• **Extracted material**

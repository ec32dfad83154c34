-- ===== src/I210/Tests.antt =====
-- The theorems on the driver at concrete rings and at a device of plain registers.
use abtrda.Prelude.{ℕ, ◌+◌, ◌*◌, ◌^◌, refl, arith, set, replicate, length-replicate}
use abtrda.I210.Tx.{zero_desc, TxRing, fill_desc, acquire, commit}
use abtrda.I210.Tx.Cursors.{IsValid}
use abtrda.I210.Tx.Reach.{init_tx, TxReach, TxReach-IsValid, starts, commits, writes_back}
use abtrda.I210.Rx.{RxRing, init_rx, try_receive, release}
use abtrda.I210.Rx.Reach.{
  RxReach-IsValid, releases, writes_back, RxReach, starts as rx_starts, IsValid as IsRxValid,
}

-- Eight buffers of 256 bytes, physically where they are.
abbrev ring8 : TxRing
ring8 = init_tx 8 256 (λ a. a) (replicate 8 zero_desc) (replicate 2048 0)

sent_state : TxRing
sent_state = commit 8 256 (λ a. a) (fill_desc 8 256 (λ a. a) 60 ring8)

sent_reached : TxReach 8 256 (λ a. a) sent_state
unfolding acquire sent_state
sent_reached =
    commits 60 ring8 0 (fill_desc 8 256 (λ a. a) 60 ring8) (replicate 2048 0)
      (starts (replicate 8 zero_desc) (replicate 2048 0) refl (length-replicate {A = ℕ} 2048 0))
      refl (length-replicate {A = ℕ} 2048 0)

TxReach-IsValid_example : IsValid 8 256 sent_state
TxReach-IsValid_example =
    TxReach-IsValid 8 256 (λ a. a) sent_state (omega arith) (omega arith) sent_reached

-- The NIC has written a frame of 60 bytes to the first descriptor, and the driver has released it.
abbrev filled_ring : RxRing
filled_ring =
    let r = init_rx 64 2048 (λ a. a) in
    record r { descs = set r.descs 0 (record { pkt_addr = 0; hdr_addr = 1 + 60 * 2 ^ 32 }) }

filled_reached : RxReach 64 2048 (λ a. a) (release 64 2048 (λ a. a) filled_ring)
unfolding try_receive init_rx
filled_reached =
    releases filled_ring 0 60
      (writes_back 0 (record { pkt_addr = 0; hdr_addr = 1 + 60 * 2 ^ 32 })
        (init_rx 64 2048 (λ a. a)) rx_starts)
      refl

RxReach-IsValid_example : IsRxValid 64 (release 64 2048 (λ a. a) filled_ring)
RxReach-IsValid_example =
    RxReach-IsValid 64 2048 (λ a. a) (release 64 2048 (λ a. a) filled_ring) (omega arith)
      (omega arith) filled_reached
==
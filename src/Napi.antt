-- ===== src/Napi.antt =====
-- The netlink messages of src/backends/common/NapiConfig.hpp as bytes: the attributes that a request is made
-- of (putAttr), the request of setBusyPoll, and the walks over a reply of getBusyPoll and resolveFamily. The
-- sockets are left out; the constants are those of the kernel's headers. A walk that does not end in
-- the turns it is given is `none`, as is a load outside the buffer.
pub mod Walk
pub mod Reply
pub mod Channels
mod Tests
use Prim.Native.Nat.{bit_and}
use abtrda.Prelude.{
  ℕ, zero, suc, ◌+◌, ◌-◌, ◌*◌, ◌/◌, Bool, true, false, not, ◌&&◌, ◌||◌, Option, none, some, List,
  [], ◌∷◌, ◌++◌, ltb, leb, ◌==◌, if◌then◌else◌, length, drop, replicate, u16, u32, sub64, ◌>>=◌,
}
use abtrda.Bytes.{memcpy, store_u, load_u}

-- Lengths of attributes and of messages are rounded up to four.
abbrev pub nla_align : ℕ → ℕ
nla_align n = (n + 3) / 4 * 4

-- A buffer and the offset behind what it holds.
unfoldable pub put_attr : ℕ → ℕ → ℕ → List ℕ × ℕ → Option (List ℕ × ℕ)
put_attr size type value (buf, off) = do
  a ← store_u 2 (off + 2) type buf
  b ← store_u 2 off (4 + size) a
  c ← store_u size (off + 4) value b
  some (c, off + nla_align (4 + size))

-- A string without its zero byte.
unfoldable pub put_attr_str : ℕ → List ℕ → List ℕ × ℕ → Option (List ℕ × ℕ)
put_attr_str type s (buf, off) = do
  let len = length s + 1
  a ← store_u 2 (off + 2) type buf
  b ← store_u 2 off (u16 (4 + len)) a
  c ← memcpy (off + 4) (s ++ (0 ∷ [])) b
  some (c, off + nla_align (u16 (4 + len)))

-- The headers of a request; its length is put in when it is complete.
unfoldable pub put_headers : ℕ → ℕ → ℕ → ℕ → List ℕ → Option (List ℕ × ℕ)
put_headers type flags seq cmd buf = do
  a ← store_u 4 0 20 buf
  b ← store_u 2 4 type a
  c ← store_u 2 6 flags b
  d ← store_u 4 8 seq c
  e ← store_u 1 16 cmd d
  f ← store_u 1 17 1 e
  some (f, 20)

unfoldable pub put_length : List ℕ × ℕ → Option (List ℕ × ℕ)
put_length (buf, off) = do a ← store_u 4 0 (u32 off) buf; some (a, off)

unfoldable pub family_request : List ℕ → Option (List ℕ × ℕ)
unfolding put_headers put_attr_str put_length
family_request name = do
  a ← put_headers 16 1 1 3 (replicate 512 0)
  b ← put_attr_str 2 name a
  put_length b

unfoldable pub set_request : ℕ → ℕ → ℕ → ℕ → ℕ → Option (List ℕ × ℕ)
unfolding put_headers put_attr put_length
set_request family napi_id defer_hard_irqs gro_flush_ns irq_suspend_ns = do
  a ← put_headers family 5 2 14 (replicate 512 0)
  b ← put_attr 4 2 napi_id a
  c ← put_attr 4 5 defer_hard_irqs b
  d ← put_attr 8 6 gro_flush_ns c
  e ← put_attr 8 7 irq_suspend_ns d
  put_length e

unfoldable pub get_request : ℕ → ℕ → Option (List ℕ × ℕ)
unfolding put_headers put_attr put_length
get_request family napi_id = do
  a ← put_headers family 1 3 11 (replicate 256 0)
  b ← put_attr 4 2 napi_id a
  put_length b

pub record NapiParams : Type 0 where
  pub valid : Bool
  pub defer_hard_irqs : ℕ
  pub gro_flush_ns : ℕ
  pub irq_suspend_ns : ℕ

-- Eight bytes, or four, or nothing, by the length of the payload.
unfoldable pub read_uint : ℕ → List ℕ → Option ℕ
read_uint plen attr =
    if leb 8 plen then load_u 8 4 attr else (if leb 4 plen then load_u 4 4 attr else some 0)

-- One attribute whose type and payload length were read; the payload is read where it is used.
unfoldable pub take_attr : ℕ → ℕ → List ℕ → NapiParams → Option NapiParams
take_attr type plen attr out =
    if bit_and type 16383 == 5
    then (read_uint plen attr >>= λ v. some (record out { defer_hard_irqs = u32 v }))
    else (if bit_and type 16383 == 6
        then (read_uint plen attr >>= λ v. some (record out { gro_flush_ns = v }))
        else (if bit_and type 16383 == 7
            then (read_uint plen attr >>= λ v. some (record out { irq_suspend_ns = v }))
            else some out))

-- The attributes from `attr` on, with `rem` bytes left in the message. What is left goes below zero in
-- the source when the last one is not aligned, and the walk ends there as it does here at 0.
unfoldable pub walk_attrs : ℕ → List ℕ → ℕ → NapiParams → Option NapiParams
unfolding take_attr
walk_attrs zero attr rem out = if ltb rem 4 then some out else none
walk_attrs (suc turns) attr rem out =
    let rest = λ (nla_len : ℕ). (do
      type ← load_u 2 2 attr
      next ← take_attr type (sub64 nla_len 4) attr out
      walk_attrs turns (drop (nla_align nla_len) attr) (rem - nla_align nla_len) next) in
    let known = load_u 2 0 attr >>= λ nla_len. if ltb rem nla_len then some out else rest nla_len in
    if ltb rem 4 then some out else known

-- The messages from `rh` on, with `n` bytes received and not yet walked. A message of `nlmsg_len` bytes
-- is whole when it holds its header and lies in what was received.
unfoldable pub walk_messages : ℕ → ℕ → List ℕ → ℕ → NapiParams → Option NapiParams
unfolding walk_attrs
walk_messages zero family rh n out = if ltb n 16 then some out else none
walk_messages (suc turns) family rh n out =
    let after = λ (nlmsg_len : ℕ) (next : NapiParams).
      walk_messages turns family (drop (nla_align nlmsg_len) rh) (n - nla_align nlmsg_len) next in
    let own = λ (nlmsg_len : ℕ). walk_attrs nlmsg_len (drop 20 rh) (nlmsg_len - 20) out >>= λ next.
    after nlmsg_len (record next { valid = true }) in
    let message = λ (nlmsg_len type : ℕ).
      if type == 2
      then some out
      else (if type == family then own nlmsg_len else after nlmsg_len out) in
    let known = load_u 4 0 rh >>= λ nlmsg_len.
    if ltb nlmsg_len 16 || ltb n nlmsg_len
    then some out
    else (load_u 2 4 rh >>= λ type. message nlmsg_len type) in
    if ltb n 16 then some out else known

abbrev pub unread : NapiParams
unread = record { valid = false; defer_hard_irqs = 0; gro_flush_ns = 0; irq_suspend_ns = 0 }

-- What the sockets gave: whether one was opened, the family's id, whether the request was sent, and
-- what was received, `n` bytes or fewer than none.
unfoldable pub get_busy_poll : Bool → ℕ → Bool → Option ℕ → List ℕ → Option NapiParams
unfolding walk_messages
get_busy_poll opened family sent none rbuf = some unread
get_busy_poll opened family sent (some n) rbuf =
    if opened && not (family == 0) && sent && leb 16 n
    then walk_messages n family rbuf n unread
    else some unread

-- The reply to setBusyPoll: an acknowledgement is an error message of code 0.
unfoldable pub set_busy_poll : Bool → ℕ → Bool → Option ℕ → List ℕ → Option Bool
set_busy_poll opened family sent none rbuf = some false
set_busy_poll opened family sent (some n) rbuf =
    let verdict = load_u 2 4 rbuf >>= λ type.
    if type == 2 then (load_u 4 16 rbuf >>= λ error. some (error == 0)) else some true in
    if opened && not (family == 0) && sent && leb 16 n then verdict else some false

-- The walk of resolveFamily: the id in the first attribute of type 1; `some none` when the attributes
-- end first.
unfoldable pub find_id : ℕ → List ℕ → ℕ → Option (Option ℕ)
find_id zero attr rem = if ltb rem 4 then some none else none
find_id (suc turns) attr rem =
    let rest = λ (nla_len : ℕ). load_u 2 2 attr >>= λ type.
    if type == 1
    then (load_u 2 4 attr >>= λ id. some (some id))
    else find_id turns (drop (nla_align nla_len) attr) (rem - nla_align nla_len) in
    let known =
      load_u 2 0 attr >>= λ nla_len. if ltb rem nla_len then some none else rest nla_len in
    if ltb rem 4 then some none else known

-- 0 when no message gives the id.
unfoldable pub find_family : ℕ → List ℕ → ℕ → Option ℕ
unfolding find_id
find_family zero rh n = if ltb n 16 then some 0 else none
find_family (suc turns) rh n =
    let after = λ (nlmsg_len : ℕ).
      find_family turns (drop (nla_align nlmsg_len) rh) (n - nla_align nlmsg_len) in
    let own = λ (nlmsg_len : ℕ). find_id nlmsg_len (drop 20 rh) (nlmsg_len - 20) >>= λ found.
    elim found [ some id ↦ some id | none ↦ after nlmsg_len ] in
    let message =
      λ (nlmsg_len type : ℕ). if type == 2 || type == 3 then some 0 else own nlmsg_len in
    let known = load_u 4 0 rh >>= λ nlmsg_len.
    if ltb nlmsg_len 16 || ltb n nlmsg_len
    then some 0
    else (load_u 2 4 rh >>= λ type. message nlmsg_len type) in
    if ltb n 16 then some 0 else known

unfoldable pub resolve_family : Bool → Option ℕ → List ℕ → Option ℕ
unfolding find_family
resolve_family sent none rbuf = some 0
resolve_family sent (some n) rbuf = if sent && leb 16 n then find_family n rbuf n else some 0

• **Activity**
Give the number of lines in the data that contain the word "true", and add no other text.

• **Finished exercise**
3